Neuanfang oder untergegangen?


----------



## saturno (4. Juli 2013)

hat dein rechner keine suchfunktion:



http://www.mtb-news.de/forum/showthread.php?t=637790&highlight=zonenschein


----------



## MTB-News.de




----------



## ZoneVoid (1. August 2013)

Hallo, ich habe vom Kai Oliver Linsner eine eMailbbekommen das es mit viel Energie irgendwann weitergeht. Ich wohne in Halle und kann euch sagen das die echt schwer gebeutelt wurden. Da stand das Wasser 1,20 m in den Räumen. Man kann sich vorstellen das eine computergesteuerte CNC Fräse da nicht wieder wirtschaftlich auf die Beine zu bringen ist. Dafür das sie nicht alles hinschmeißen verdienen sie großen Respekt!
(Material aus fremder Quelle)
-- ===== src/StringUtil/Search.antt =====
-- `StartsWith`, `EndsWith` and `Contains`, over `std::string`'s `find` and `rfind`.
pub mod Ends
use fast_db.Prelude.{
  ℕ, zero, suc, ◌+◌, ◌-◌, ◌^◌, ◌≤◌, ◌<◌, Bool, true, false, ◌&&◌, List, [], ◌∷◌, ◌++◌, Bytes, codes,
  Option, none, some, if◌then◌else◌, ◌==◌, ==_iff, length, length-append, ◌≡◌, ◌≢◌, ◌↔◌, refl,
  arith, sym, ap, ◌∙◌, inl, inr, Option-cases, Bool-cases,
}
use fast_db.Prelude.Size.{size_sub, npos, position}

unfoldable pub is_prefix : Bytes → Bytes → Bool
is_prefix [] s = true
is_prefix (c ∷ p) [] = false
is_prefix (c ∷ p) (d ∷ s) = (c == d) && is_prefix p s

unfoldable pub shift : Option ℕ → Option ℕ
shift none = none
shift (some i) = some (suc i)

-- The first position at which `p` occurs.
unfoldable pub find : Bytes → Bytes → Option ℕ
unfolding is_prefix shift
find p [] = if is_prefix p [] then some 0 else none
find p (c ∷ s) = let rest = find p s in if is_prefix p (c ∷ s) then some 0 else shift rest

-- The position that `rfind` prefers to a match at the front.
unfoldable pub later : Option ℕ → Bool → Option ℕ
later (some i) here = some (suc i)
later none true = some 0
later none false = none

-- The last position at which `p` occurs.
unfoldable pub rfind : Bytes → Bytes → Option ℕ
unfolding is_prefix later
rfind p [] = if is_prefix p [] then some 0 else none
rfind p (c ∷ s) = later (rfind p s) (is_prefix p (c ∷ s))

unfoldable pub starts_with : Bytes → Bytes → Bool
unfolding find position
starts_with str sub = position (find sub str) == 0

unfoldable pub ends_with : Bytes → Bytes → Bool
unfolding rfind position size_sub
ends_with str sub = position (rfind sub str) == size_sub (length str) (length sub)

unfoldable pub contains : Bytes → Bytes → Bool
unfolding find
contains str token = elim (find token str) [ none ↦ false | some i ↦ true ]

pub is_prefix_iff : (p s : Bytes) → (is_prefix p s ≡ true) ↔ ((rest : Bytes) × (s ≡ p ++ rest))
unfolding is_prefix
is_prefix_iff [] s = ((λ _. (s, refl)), (λ _. refl))
is_prefix_iff (c ∷ p) [] = ((λ h. cc), (λ (rest, e). cc))
is_prefix_iff (c ∷ p) (d ∷ s) = (
  (λ h. let (rest, e) = (is_prefix_iff p s).0 (ground arith) in (rest, ground arith)),
  (λ (rest, e). ground (arith, (is_prefix_iff p s).1 (rest, ground arith))),
)

find-eq-zero : (p s : Bytes) → (position (find p s) ≡ 0) ↔ (is_prefix p s ≡ true)
unfolding find position
find-eq-zero p [] = ground arith
find-eq-zero p (c ∷ s) = ground arith

-- `StartsWith` tells whether the text is the prefix with something behind it.
pub starts_with_iff :
    (str sub : Bytes) → (starts_with str sub ≡ true) ↔ ((rest : Bytes) × (str ≡ sub ++ rest))
unfolding starts_with
starts_with_iff str sub = (
  (λ h. (is_prefix_iff sub str).0 ((find-eq-zero sub str).0 (ground arith))),
  (λ h. ground (arith, (find-eq-zero sub str).1 ((is_prefix_iff sub str).1 h))),
)

pub is_prefix_self : (p : Bytes) (s : Bytes) → is_prefix p (p ++ s) ≡ true
is_prefix_self p s = (is_prefix_iff p (p ++ s)).1 (s, refl)

-- A text with `p` at position `i`.
abbrev pub Occurs : Bytes → Bytes → ℕ → Type 0
Occurs p s i = (a : Bytes) × (b : Bytes) × (s ≡ a ++ (p ++ b)) × (length a ≡ i)

pub Occurs-cons : (p s : Bytes) (i c : ℕ) → Occurs p s i → Occurs p (c ∷ s) (suc i)
Occurs-cons p s i c (a, b, e, n) = (c ∷ a, b, ap (λ (t : Bytes). c ∷ t) e, ap suc n)

pub Occurs-here : (p s : Bytes) → is_prefix p s ≡ true → Occurs p s 0
Occurs-here p s h = let (rest, e) = (is_prefix_iff p s).0 h in ([], rest, e, refl)

shift-some : (o : Option ℕ) (i : ℕ) → shift o ≡ some i → (j : ℕ) × (o ≡ some j) × (i ≡ suc j)
unfolding shift
shift-some none i h = cc
shift-some (some j) i h = (j, refl, ground arith)

find-Occurs : (p s : Bytes) (i : ℕ) → find p s ≡ some i → Occurs p s i
unfolding find
find-Occurs p [] i h = elim (Bool-cases (is_prefix p [])) [
  | inl e ↦ let (a, b, q, n) = Occurs-here p [] e in (a, b, q, ground arith)
  | inr e ↦ absurd (ground arith)
]
find-Occurs p (c ∷ s) i h = elim (Bool-cases (is_prefix p (c ∷ s))) [
  | inl e ↦ let (a, b, q, n) = Occurs-here p (c ∷ s) e in (a, b, q, ground arith)
  | inr e ↦
      let (j, f, g) = shift-some (find p s) i (ground arith) in
      let (a, b, q, n) = find-Occurs p s j f in (c ∷ a, b, ap (λ (t : Bytes). c ∷ t) q, omega arith)
]

find_there : (p a b : Bytes) → find p (a ++ (p ++ b)) ≢ none
unfolding find shift position
find_there p [] b = ground (arith, (find-eq-zero p (p ++ b)).1 (is_prefix_self p b))
find_there p (c ∷ a) b = ground (arith, find_there p a b)

-- `Contains` tells whether the token stands somewhere in the text.
pub contains_iff :
    (str token : Bytes)
    → (contains str token ≡ true) ↔ ((a : Bytes) × (b : Bytes) × (str ≡ a ++ (token ++ b)))
unfolding contains
contains_iff str token = (
  (λ h. elim (Option-cases (find token str)) [
    | inl e ↦ absurd (ground arith)
    | inr (i, e) ↦ let (a, b, q, n) = find-Occurs token str i e in (a, b, q)
  ]),
  (λ (a, b, q). rw q (ground (arith, find_there token a b))),
)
Ohne die Liebe zur Sache steht man diesen Ruin definitiv nicht durch! 

Gruß ZV


----------



## Deleted 294333 (22. April 2015)

Gibt's da zwischenzeitlich was neues?
Die Homepage gibt nichts her...


----------



## Enginejunk (26. April 2015)

mich würde es ja unheimlich freuen wenn die einen echten freerider im stile des archimedes bauen. 
mit moderner geometrie und wegen mir auf 27,5" (da führt auf lange sicht gesehen wohl kein weg vorbei)

was ich aber weiss ist das sie noch rahmen reparieren und strahlen/pulvern.


----------



## RocketMorton (16. Mai 2015)

@ Noel 

Momentan stellen die wohl bloß Halbzeuge für die Industrie her. Rahmen pulvern und der Support für ihre alten Rahmen läuft wohl wieder.


----------



## kümmelotto (20. Juni 2015)

Ich bin ja mal tierisch gespant wann es mit neuen Bikes, insbesondere dem Archi, weitergeht. Will mir bald wieder ein DH Bike zulegen nachdem ich 2 Jahre pausiert habe. Am besten von ZS. Bin früher mal das Leonardo gefahren und war von dem schon begeistert. Deshalb warte ich geduldig bis es wieder richtig mit ZS weitergeht.


----------



## Enginejunk (20. Juni 2015)

kannst jamal anfragen ob die in naher zukunft wieder was machen wollen. 
würde mich auch interessieren.


----------



## kümmelotto (20. Juni 2015)

Ja das werde ich heute Abend mal machen. Berichte dann von der Antwort.


----------



## Qya (30. Juni 2015)

Schon ne Antwort bekommen ?


----------



## kümmelotto (30. Juni 2015)

Nabend zusammen  Ja, die gab es vor ein paar Tagen. 

Ich Zitiere: 


Es besteht der feste Wille, neue
Bikes auf den Markt zu bringen. Leider können wir momentan zu einem
möglichen Termin keine verbindliche Aussage treffen.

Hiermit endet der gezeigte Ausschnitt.